Turning now to the drawings, FIG. 1 depicts a user computer system 100 having a collection of cooperating, algorithmic modules for SPFA calculations. The enabling logic for modules 110, 115, 120, 130, 140, 145 is reduced to software and/or hardware. The modules 110, 115, 120, 130, 140, 145, are located, for example, within the operating system of a user computer system 100. In alternative example embodiments, any of the modules 110, 115, 120, 130, 140, 145 may be located remotely but in network communication with the user computer system 100. Example of remote location may have some of the modules 110, 115, 120, 130, 140, 145 located on other computer systems, including manipulations and calculations of the generated data being the subject of a Web service.
Regardless of individual logic location, the system 100 has accessible logic to gather memory information for memory 105 on the user computer system 100. The gathering module 110 gathers memory information, memory size, synchronous dynamic random access memory (SDRAM) technology on the module, module packaging, memory failure mode and vendor quality for memory 105 under test on the particular user computer system 100. For example, memory information for memory 105 could be a module size of 2 GB for a single-rank dual in-line module (DIMM). Below, further discussion of memory information occurs in combination with discussion of selected memory-based parameters.
The system 100 also includes logic, denominated as a configuration module 120 in FIG. 1, for selecting one or more memory-related parameters from a plurality of such parameters. A user or administrator, for example, of the user computer system 100 selects which memory-related parameters to include in the SPFA calculations. The selecting may occur through textual entry, radial selection, or other method for selecting options through a display coupled to the user computer system 100. The selected memory-related parameters, themselves, directly correlate to memory information. That is, memory information regarding memory size correlates to the memory-related parameter for memory size, memory information regarding module packaging correlates to the memory-related parameter for module packaging, and so forth.
In communication with both the gathering and configuration modules 110, 120, the calculation module 130 includes logic to calculate a combination of the selected memory-related parameters. The SPFA uses the selected number of memory-related parameters, which one considers critical to maintain a functioning memory subsystem, in order to calculate the SBE value. The setting module 140 then sets the calculated SBE value for the system 100. Evaluation of exemplary memory-related parameters and combination of the same for calculation of the SBE value now ensues.
Memory module size is a memory-related parameter for possible inclusion in the SPFA calculation for the memory 105. For such, the following exemplary scale is provided for a correctable SBE value based on the actual capacity of each module or module-pairs installed in the system:
TABLE 1

Module Size Scale Factor (n) PFA threshold in time window

2 GB 1 x

4 GB 2 2x

8 GB 4 4x

16 GB 8 8x

32 GB 16 16x

Referring to Table 1, and assuming x=256 SBE for a baseline PFA count within a 24-hour window, then a larger memory 105 DIMM logically permits more SBEs before meeting or exceeding a set SBE value, i.e., a threshold.
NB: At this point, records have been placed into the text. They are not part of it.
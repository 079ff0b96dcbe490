-- ===== src/Manage/Runs.antt =====
-- clientlib/manageAccel.go at concrete inputs.
use go_shadowsocks.Manage.Starts.Outcomes.{start_tcp_udp-ok, IsPort, running, Filled}
use go_shadowsocks.Manage.Starts.Failures.{start_websocket_mpx-stop}
use go_shadowsocks.Manage.Stops.{stop_tcp_udp, get_tx, get_rx, stop_websocket_mpx}
use go_shadowsocks.Freconn.Counters.{new_stat}
use go_shadowsocks.Errors.{server_port_range, err, env, ok}
use go_shadowsocks.Manage.{
  udp_connecter, ws_connecter, tcp_connecter, mpx_connecter, pos, check_websocket, check_tcp_udp,
  World, Package, check_ports,
}
use go_shadowsocks.Manage.Starts.{reset_tcp_udp, start_tcp_udp, start_websocket_mpx}
use go_shadowsocks.Prelude.{ℕ, ◌≡◌, ◌≢◌, refl, true, false, none, some, List, [], ◌∷◌}

abbrev world : World
world = record {
  pick = λ method password. ok 9;
  listen_tcp = none;
  listen_udp = none;
  resolve = ok 4;
  mpx_start = λ n. some (env 3);
  now = 100;
}

abbrev some_server : List ℕ
some_server = 104 ∷ []

abbrev initial : Package
initial = record {
  verbose = true;
  udp_timeout = 10;
  udp_buf_size = 65536;
  ws_timeout = 10;
  max_conn_count = 0;
  client = none;
  stat = new_stat 0;
  tcp_server = ([], pos 0);
  tcp_stat = false;
  tcp_local = none;
  local_ip = [];
  mc = none;
  udp_enabled = false;
}

abbrev running_package : Package
running_package =
    (start_tcp_udp world some_server (pos 443) [] some_server (pos 1080) false 0 initial).1

start_tcp_udp-ok_example :
    (ciph : ℕ) × (addr : ℕ) × (Filled some_server
      × Filled some_server
      × IsPort (pos 443)
      × IsPort (pos 1080))
    × (world.pick [] some_server ≡ ok ciph)
    × (world.resolve ≡ ok addr)
    × (running_package.client ≡ some (running 0 tcp_connecter udp_connecter ciph addr initial))
    × (running_package.tcp_server ≡ (some_server, pos 443))
    × (get_rx running_package ≡ pos 0)
    × (get_tx running_package ≡ pos 0)
    × ((stop_tcp_udp 7 running_package).0 ≡ none)
    × ((stop_tcp_udp 7 running_package).1.client
        ≡ some (record (running 0 tcp_connecter udp_connecter ciph addr initial) {
          ctx_done = true;
          listener = some false;
          udp_pc = some false;
        }))
unfolding start_tcp_udp check_tcp_udp check_ports
start_tcp_udp-ok_example =
    start_tcp_udp-ok world some_server (pos 443) [] some_server (pos 1080) false 0 7 initial
      running_package refl

abbrev no_udp_world : World
no_udp_world = record world { listen_udp = some (env 2) }

abbrev half_started : Package
half_started =
    (start_tcp_udp no_udp_world some_server (pos 443) [] some_server (pos 1080) false 0 initial).1

abbrev unresolved : World
unresolved = record world { resolve = err (env 5) }

abbrev half_reset : Package
half_reset =
    (reset_tcp_udp unresolved (105 ∷ []) (pos 8443) [] some_server (pos 1080) false
      running_package).1

abbrev mpx_package : Package
mpx_package =
    (start_websocket_mpx world some_server (pos 443) [] some_server (pos 1080) false some_server
      some_server 6 (pos 0) initial).1

start_websocket_mpx-stop_example :
    (ciph : ℕ) × ((stop_websocket_mpx 7 mpx_package).1.client
      ≡ some (record (running 0 mpx_connecter ws_connecter ciph 6 initial) {
        ctx_done = true;
        listener = some false;
        udp_pc = some false;
      }))
    × ((stop_websocket_mpx 7 mpx_package).1.mc ≡ some false)
    × ((stop_websocket_mpx 7 mpx_package).0 ≢ none)
unfolding start_websocket_mpx check_websocket check_ports
start_websocket_mpx-stop_example =
    start_websocket_mpx-stop world some_server (pos 443) [] some_server (pos 1080) false some_server
      some_server 6 7 (pos 0) initial mpx_package refl

-- Port 0 is refused, although the message says "between 0 and 65535".
port_zero : check_ports (pos 0) (pos 1080) ≡ some server_port_range
unfolding check_ports
port_zero = refl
For example, the memory-based parameter for memory module size would allow 256 SBEs for a 2 GB DIMM, 512 SBEs for a 4 GB DIMM, 1024 SBEs for a 8 GB DIMM, 2048 SBEs for a 16 GB DIMM, and 4096 SBEs for a 32 GB DIMM before memory failure realized by visual and/or audio alert through use of the detection and comparison modules 115, 145.
In addition to memory module size, another possibly selected memory-related parameter for inclusion in the calculation of the SBE value is SDRAM technology on the memory module 105. For such, the following exemplary scale is provided:
TABLE 2

Number of Rank Scale Factor (m) PFA threshold in time window

1 (Single) 1 y

2 (Dual) 1.2 y/1.2

4 (Quad) 1.6 y/1.6

Referring to Table 2, and assuming y=1024 for a baseline PFA count within a 24-hour window, memory 105 DIMM with a lesser rank permits a higher SBE value. For example, the memory-based parameter for SDRAM technology would allow 1024 SBEs for a single-rank DIMM, 823 SBEs for a dual-rank DIMM, and 640 SBEs for a quad-rank DIMM before alerting the user or another system in network communication with the system 100 of memory failure of a module or other memory device needing repair or replacement, whereupon the latter at least suggests a new SBE value should be re-set by re-calculation.
Still another memory-related parameter for inclusion in the calculation of the SBE value is module packaging of the memory 105 on the particular user computer system 100. For such, the following exemplary scale is provided:
TABLE 3

SDRAM

Data Width Scale Factor (k) PFA threshold in time window

x8 (with no IBM ® 1 z

Chipkill ™ tech-

nology support)

x8 (with IBM ® 2 2z

Chipkill ™ support)

x4 (with IBM ® 2.5 2.5z

Chipkill ™ support)

IBM® Chipkill™ is an advanced error checking and correcting (ECC) computer technology that has the ability to correct multi-bit memory errors on a single SDRAM. Referring to Table 3, and assuming z=256 for a baseline PFA count within a 24-hour window, memory 105 DIMM with additional advanced ECC protection, i.e., Chipkill™, affords a higher SBE value due to this individual PFA metric. For example, the memory-based parameter regarding Chipkill™ would allow 256 SBEs for x8 DIMM with no Chipkill™, 512 SBEs for x8 DIMM with Chipkill™ is, and 640 SBEs for x4 DIMM with Chipkill™
Yet another memory-related parameter for optional inclusion in the calculation of the SBE value is memory failure mode of the memory 105 on the particular user computer system 100. Here, this memory-related parameter regards single count reduction for a single memory address. That is, a correctable SBE that occurs repeatedly at the same memory address on memory 105 DIMM is counted as one failure instead of counting the repeats as multiple failures.
Another example of a memory-related parameter for optional inclusion in the calculation of the SBE value is vendor quality of the memory 105 on the particular user computer system 100. For such, the following exemplary scale is provided:
TABLE 4

Number of Rank Scale Factor (m)

Vendor A, Product 1 1

Vendor A, Product 2 0.8

Vendor B, Product 1 1

Vendor C, Product 1 0.5

Table 4 represents a memory vendor quality/reliability matrix on a per product basis. A memory vendor can have multiple products, each one could have a different quality/reliability rating. The quality scale rating, such as Table 4, may be used for calculating the SBE value. A memory 105 DIMM from a lower quality score supplier yields a lower PFA threshold value for this memory-related parameter. A lower quality score would require replacement or repair sooner as compared to a higher quality score provided all other contributing PFA memory-related parameters to the SBE value are constant.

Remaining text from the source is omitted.